Jahii Carson > Shabazz Muhammad


----------



## Nimreitz (May 13, 2003)

James Southerland is the only player I like on Syracuse.


----------



## croco (Feb 14, 2005)

I just hope the Big Ten teams have enough left for the tourney (the big one, not the conference tournament) after beating each other up. One of those five teams is due to win it all this year.


----------



## Nimreitz (May 13, 2003)

I think Duke is the best team 

I really like all those seniors. It reminds me of the 2010 team.


----------



## croco (Feb 14, 2005)

FWIW, Duke would be the worst defensive team in the last 10 years to win it all according to Kenpom, although not by much. Still, that has been a reliable metric to eliminate a lot of teams in recent seasons. And while a team like Michigan is fun to watch, they are also endangered to be upset early because of those deficiencies on defense.


----------



## Nimreitz (May 13, 2003)

I actually have looked through kenpom for about a decade in search of a "profile" for a national title team. Keep in mind that winning 6 straight games against tournament teams will give any team a boost. UConn in 2011 is the big exception that proves the rule.

1) The team is always #1 or #2 in offensive efficiency.

2) The team is either the #1 or #2 in Offensive or Defensive eFG%, OR they are roughly top 10 in both. The only other exception for this is UNC in 2009, but they seem to have an eFG% deficiency kind of like how Wisconsin breaks the ratings, so they are the team to pick if they fulfill #1 and there is no other team that is both 1 and 2. In 2007, for example, UNC would have fit #1, but Florida fit both.

If you're curious, 2011 Ohio State, via this system, SHOULD have won the title, but it's hard to find other teams who fit the profile and didn't win.

In the last 10 years, the only two teams to have won that didn't fit the profile were Syracuse and 2011 UConn. There was no team that fit the profile in 2003 though.

This year it points to Florida, but Indiana and Gonzaga could also meet the criteria.

Personally, I think Duke is the best team, so I'm actually kind of curious what Duke's eFG% is with Kelly in the lineup and if it would put them into the national top 5.

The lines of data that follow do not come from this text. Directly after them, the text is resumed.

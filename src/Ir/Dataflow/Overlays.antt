-- ===== src/Ir/Dataflow/Overlays.antt =====
-- The edges that `_build_data_overlays` (scanner/src/aegify/ir/program_graph.py) adds from reaching
-- definitions: definition to use, the inputs of an SSA phi, and data states. A node that the code
-- names by a text made of a statement and a variable is that pair.
use aegify.Base.{
  ◌&&◌, Bool, String, List, [], ◌∷◌, ◌++◌, map, length, leb, if◌then◌else◌, str_mem, concat_map,
}
use aegify.Ir.Dataflow.Definitions.{Flow, Defs, defs_of, at}

pub data DataNode : Type 0 where
  statement : String → DataNode
  data_state phi : String → String → DataNode

pub data DataKind : Type 0 where
  def_use phi_input transforms produces_state : DataKind

pub record DataEdge : Type 0 where
  pub source : DataNode
  pub target : DataNode
  pub kind : DataKind
  pub variable : String

abbrev pub def_use_edge : String → String → String → DataEdge
def_use_edge n v d = record {
  source = DataNode.statement d;
  target = DataNode.statement n;
  kind = def_use;
  variable = v;
}

abbrev phi_edge : String → String → String → DataEdge
phi_edge n v d = record {
  source = DataNode.statement d;
  target = DataNode.phi n v;
  kind = phi_input;
  variable = v;
}

abbrev phi_use : String → String → DataEdge
phi_use n v = record {
  source = DataNode.phi n v;
  target = DataNode.statement n;
  kind = def_use;
  variable = v;
}

module _ (f : Flow) (s : Defs) where
  abbrev pub reaching : String → String → List String
  reaching n v = defs_of v (at n s.in_defs)

  unfoldable pub def_use_edges : List DataEdge
  def_use_edges =
      concat_map (λ n. concat_map (λ v. map (def_use_edge n v) (reaching n v)) (f.uses n)) f.nodes

  abbrev phi_at : String → String → List DataEdge
  phi_at n v =
      if leb 2 (length (reaching n v))
      then map (phi_edge n v) (reaching n v) ++ phi_use n v ∷ []
      else []

  -- Only where control flow joins.
  unfoldable pub phi_edges : List DataEdge
  phi_edges =
      concat_map
        (λ n. if leb 2 (length (f.predecessors n)) then concat_map (phi_at n) (f.uses n) else [])
        f.nodes

  abbrev state_edge : String → String → DataEdge
  state_edge n v = record {
    source = DataNode.statement n;
    target = DataNode.data_state n v;
    kind = produces_state;
    variable = v;
  }

  -- A state for every definition of a node of the function.
  unfoldable pub state_edges : List DataEdge
  state_edges = concat_map (λ n. map (state_edge n) (f.definitions n)) f.nodes

  -- `(d, v) in state_for_definition`
  abbrev has_state : String → String → Bool
  has_state d v = str_mem d f.nodes && str_mem v (f.definitions d)

  abbrev pub transform_edge : String → String → String → String → List DataEdge
  transform_edge n w v d =
      if has_state d v
      then record {
        source = DataNode.data_state d v;
        target = DataNode.data_state n w;
        kind = transforms;
        variable = v;
      }
        ∷ []
      else []

  unfoldable pub transform_edges : List DataEdge
  transform_edges =
      concat_map
        (λ n.
          concat_map
            (λ w. concat_map (λ v. concat_map (transform_edge n w v) (reaching n v)) (f.uses n))
            (f.definitions n))
        f.nodes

I identified this system in 2010 and banged Duke to win my bracket. Last year I was second in the BBF one with Kentucky.


----------



## Mrs. Thang (Apr 14, 2011)

So interesting bubble case with Iowa. They are going to win 20 games plus 10 in the Big 10 which has historically meant an at-large bid, but they played a total bullshit OOC schedule and an easy conference slate playing Michigan, MSU, and OSU only once each. On the one hand, I think screw them for that schedule, but on the other... I think they are actually kind of good. Better than Virginia at least.

They probably have no chance without beating Sparty tomorrow, but still, it would be uncommon for a major conference team to miss with their win totals.


----------



## 29380 (Feb 23, 2009)

Adidas should be ashamed for what they are doing to basketball.


----------



## EpicFailGuy (Mar 5, 2010)

If you want to see the screwiest 2 seconds of basketball in a long time, check out the end of Charlotte/Richmond.

And try to do it with a straight face.


----------



## 29380 (Feb 23, 2009)

El Shaqtus said:


> If you want to see the screwiest 2 seconds of basketball in a long time, check out the end of Charlotte/Richmond.
> 
> And try to do it with a straight face.


I was watching that game but went out to do something when Charlotte was down 3 with like 5 seconds left, came back found out Charlotte won by 5 and started reading the A-10 forum for reactions.


----------



## croco (Feb 14, 2005)

Nimreitz said:


> I actually have looked through kenpom for about a decade in search of a "profile" for a national title team. Keep in mind that winning 6 straight games against tournament teams will give any team a boost. UConn in 2011 is the big exception that proves the rule.
> 
> 1) The team is always #1 or #2 in offensive efficiency.
> 
> ...


Interesting that you could narrow it down even more. For all the talk about parity, this seems like a fairly reliable indicator.


----------



## 29380 (Feb 23, 2009)

Duke is about to lose to Maryland.


----------



## Nimreitz (May 13, 2003)

I love beating Crean. He's such a petulant little ****.


----------



## croco (Feb 14, 2005)

How do you lose to Purdue at home and beat Indiana twice in the same season?


----------



## croco (Feb 14, 2005)

Is there a better broadcasting team than Nantz/Kellogg/Kerr in all of sports? I don't think so. Too bad it's only for a couple of games every year.


----------



## Mrs. Thang (Apr 14, 2011)

Ohio State beat Wisconsin in a game earlier this year where the Badgers attempted 0 free throws. They just got through the half against Michigan State with only one foul called (and only had two free throws themselves). You really have to hit someone to by called for a foul in the big ten.


----------



## Nimreitz (May 13, 2003)

croco said:


> How do you lose to Purdue at home and beat Indiana twice in the same season?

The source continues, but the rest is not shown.